What you are asked to do — Whichever lines of the material contain "Laws", copy each of them.

Input data —
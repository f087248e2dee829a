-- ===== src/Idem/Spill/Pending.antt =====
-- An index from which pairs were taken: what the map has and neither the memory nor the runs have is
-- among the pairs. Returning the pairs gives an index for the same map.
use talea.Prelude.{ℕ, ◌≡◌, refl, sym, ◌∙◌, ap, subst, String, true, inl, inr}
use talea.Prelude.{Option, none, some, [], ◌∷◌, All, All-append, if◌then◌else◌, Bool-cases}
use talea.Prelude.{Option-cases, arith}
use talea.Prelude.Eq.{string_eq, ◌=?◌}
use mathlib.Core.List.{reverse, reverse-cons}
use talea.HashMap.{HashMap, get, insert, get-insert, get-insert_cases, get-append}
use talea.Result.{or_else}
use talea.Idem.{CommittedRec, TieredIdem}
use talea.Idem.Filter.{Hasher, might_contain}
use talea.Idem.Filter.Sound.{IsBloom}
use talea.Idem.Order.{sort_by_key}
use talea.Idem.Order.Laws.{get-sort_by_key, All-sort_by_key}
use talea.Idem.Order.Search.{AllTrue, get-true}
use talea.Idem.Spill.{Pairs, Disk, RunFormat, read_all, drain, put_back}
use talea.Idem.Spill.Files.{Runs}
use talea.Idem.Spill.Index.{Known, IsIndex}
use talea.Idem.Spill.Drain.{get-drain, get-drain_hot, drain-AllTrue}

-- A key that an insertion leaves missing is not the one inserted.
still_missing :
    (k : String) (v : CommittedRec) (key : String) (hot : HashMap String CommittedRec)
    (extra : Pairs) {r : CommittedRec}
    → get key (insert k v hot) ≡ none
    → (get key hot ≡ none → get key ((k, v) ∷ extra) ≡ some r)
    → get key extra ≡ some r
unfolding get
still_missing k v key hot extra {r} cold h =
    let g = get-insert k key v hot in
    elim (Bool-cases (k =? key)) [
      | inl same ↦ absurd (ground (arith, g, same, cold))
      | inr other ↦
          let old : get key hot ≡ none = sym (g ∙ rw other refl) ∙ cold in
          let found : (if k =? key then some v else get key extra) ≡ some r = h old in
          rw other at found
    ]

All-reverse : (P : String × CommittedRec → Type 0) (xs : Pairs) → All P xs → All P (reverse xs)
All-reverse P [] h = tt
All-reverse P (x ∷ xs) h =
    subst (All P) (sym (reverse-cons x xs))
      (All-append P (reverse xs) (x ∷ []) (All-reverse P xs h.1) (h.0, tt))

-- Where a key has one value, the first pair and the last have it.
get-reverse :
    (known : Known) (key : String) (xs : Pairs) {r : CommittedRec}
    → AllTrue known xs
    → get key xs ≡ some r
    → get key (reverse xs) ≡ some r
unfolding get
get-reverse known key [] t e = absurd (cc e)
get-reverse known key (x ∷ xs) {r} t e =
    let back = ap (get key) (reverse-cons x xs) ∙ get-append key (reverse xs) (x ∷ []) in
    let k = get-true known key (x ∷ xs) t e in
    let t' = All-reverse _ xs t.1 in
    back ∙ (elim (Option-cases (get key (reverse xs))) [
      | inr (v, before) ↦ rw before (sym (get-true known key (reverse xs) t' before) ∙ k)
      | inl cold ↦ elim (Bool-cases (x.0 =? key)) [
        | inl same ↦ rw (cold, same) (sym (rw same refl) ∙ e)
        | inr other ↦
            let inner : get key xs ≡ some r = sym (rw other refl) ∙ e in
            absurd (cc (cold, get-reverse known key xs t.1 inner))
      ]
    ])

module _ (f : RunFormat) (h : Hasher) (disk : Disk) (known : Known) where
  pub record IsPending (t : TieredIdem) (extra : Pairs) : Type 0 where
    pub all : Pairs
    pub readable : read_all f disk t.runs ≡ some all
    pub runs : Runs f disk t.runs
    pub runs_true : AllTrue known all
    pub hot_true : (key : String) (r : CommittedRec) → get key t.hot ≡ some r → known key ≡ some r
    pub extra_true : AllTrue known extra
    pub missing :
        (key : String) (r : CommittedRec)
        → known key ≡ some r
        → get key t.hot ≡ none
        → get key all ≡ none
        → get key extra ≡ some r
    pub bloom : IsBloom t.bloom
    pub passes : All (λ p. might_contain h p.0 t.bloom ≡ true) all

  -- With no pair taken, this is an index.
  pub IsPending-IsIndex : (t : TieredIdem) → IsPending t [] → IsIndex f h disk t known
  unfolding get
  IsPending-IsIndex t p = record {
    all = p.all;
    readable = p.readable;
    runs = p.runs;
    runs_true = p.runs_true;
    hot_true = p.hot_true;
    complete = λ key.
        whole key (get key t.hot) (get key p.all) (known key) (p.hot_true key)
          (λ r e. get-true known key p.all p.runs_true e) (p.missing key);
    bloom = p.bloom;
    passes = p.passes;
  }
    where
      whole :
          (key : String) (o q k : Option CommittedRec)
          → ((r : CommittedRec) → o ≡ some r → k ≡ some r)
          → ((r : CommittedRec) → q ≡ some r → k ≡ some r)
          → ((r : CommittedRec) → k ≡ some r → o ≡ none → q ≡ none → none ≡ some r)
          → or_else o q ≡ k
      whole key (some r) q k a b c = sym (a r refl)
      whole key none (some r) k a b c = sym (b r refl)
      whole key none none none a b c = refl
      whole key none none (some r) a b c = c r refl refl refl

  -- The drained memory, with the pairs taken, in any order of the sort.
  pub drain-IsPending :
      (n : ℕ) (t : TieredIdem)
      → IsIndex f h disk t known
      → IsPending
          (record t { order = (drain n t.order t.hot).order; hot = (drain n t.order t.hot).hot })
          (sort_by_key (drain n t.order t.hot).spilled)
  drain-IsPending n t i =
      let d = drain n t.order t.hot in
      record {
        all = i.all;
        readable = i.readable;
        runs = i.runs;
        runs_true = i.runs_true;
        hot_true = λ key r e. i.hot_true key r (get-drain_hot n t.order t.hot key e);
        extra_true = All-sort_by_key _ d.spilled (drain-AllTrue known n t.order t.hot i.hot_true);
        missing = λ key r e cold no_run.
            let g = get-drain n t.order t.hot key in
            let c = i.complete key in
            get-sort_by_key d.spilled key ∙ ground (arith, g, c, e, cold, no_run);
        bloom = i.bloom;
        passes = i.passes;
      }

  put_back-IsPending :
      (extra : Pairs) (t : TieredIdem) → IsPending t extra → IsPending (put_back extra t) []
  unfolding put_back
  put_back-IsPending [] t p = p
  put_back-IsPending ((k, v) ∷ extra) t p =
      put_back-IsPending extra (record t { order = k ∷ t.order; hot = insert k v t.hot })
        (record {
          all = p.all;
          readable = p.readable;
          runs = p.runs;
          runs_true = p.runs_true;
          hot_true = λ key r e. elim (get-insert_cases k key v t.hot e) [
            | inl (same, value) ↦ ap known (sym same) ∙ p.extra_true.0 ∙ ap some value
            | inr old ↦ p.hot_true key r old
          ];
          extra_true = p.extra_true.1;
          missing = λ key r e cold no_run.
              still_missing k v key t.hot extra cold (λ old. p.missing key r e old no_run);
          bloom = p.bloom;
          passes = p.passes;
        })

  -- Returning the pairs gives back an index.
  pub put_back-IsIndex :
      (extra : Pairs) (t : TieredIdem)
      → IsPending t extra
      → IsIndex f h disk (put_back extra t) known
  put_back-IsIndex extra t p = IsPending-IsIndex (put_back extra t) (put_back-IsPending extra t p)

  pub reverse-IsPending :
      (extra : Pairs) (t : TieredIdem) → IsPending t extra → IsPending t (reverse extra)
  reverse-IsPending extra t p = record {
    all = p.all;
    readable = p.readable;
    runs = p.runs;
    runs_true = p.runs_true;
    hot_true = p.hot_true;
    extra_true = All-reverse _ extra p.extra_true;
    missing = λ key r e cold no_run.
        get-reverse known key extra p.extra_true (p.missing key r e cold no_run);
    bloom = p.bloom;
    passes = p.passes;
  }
==
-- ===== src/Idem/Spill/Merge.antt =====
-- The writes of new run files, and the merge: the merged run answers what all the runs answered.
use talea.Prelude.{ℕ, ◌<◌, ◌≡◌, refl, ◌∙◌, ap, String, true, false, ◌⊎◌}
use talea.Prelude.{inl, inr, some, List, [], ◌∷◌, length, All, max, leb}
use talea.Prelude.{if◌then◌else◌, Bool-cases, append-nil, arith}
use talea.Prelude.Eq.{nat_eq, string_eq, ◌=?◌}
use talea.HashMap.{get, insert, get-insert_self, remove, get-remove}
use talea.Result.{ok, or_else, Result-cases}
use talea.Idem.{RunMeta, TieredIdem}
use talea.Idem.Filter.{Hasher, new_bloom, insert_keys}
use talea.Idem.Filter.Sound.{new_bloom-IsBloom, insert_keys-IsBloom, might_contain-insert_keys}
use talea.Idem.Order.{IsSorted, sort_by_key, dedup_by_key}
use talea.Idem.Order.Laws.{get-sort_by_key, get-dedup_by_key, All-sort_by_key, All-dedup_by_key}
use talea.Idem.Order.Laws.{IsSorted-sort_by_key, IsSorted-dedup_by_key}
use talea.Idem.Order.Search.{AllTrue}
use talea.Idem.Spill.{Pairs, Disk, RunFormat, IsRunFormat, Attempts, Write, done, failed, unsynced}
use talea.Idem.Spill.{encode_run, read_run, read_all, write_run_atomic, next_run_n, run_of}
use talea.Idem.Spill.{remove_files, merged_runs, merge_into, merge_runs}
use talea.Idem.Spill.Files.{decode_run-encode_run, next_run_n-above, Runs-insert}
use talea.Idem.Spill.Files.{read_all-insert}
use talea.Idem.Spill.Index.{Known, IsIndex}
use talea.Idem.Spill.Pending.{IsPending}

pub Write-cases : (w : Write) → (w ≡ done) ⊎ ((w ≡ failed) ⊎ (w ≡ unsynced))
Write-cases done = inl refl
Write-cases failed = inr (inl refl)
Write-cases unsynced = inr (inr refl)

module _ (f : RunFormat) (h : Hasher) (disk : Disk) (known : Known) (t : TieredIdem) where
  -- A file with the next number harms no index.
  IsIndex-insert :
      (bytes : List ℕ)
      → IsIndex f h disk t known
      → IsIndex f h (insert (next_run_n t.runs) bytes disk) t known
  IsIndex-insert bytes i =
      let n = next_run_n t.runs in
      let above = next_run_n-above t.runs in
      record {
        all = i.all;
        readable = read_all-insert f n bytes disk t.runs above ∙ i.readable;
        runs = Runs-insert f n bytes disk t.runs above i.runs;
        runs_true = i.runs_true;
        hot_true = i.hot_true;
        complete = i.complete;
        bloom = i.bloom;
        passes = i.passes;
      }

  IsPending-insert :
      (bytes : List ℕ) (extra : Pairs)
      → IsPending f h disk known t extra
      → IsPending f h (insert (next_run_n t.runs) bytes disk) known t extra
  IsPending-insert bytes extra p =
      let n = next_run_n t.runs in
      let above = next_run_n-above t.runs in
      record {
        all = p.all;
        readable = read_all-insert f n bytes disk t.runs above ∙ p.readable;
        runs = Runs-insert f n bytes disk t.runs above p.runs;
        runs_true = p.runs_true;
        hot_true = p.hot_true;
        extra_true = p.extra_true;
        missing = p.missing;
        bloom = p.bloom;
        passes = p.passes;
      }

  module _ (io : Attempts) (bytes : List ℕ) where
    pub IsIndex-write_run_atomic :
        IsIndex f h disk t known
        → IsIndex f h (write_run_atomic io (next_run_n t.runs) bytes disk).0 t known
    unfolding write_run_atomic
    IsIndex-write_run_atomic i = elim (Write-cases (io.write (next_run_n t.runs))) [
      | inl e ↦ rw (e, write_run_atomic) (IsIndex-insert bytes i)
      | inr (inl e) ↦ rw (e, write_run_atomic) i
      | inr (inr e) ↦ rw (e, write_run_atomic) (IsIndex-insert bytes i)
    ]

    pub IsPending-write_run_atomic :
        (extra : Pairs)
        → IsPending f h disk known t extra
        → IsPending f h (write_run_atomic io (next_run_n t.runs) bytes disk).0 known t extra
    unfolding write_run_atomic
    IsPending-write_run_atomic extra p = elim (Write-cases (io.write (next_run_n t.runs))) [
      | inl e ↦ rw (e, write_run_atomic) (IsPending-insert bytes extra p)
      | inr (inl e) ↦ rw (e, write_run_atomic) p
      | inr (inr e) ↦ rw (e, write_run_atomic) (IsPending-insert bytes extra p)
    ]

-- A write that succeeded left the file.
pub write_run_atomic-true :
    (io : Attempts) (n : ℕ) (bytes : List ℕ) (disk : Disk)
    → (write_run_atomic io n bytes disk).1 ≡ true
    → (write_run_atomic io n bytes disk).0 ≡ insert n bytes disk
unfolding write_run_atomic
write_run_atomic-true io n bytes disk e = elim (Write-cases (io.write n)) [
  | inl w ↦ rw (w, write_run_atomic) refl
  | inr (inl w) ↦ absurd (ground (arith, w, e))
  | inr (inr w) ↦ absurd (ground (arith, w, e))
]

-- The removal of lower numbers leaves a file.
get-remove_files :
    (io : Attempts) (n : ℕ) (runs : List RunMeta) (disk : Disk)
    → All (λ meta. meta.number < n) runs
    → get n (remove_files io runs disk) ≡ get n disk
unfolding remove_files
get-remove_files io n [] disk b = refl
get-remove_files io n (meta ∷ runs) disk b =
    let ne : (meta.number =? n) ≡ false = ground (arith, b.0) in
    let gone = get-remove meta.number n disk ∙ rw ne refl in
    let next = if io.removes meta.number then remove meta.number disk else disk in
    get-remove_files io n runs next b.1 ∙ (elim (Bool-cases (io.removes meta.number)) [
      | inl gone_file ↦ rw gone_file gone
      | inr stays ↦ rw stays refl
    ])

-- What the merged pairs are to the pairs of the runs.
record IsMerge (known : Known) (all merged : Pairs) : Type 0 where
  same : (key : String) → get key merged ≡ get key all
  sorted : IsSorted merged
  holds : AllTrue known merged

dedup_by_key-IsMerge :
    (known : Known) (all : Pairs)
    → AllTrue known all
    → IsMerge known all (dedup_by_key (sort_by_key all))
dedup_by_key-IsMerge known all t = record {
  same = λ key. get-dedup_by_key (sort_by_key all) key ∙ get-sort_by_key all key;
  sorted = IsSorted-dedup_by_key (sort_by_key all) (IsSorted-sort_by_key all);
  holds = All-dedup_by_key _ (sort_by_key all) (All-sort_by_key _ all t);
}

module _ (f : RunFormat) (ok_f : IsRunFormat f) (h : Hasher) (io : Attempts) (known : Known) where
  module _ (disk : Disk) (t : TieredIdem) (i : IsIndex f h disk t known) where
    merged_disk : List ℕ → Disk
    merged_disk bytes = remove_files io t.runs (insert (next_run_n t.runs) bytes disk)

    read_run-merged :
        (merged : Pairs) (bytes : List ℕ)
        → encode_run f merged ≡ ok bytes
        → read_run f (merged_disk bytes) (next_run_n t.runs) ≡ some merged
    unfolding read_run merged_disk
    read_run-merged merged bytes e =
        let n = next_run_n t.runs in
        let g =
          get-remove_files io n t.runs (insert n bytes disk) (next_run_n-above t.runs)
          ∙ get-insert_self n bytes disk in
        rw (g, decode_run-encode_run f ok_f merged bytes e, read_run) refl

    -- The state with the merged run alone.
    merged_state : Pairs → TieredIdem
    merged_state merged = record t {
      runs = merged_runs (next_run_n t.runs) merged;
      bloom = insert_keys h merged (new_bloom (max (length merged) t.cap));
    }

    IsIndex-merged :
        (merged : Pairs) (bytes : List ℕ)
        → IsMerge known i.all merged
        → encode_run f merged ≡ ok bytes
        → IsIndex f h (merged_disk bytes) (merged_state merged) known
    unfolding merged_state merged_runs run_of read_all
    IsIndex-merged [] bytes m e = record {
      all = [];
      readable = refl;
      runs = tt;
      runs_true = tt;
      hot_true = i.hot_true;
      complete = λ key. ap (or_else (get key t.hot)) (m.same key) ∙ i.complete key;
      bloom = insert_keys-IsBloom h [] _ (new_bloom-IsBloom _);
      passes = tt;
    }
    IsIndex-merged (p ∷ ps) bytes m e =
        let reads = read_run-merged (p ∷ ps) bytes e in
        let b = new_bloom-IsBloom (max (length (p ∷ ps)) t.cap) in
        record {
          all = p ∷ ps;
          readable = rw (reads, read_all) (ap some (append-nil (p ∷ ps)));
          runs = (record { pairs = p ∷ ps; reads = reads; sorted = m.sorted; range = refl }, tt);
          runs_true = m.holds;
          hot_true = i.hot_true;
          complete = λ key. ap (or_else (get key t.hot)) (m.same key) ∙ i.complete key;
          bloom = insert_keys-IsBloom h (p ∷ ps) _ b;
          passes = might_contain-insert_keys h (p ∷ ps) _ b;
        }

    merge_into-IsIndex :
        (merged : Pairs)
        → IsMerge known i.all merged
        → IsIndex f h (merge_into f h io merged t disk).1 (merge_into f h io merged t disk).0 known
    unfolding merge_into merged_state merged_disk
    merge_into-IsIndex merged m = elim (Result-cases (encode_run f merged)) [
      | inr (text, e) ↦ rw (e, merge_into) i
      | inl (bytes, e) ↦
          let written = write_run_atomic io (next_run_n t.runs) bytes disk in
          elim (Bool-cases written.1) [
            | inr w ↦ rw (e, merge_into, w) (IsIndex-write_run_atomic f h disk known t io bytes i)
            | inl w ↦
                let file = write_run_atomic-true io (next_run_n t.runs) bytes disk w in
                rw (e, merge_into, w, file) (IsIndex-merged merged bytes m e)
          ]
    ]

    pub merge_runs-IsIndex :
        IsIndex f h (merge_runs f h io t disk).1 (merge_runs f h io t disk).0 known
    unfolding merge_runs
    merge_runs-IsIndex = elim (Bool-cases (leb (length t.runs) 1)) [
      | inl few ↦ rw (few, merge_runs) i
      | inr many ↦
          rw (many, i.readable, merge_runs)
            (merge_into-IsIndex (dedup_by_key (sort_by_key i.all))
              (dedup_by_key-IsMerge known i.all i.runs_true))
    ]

Expected output —
use talea.Idem.Order.Laws.{get-sort_by_key, All-sort_by_key}
use talea.Idem.Order.Laws.{get-sort_by_key, get-dedup_by_key, All-sort_by_key, All-dedup_by_key}
use talea.Idem.Order.Laws.{IsSorted-sort_by_key, IsSorted-dedup_by_key}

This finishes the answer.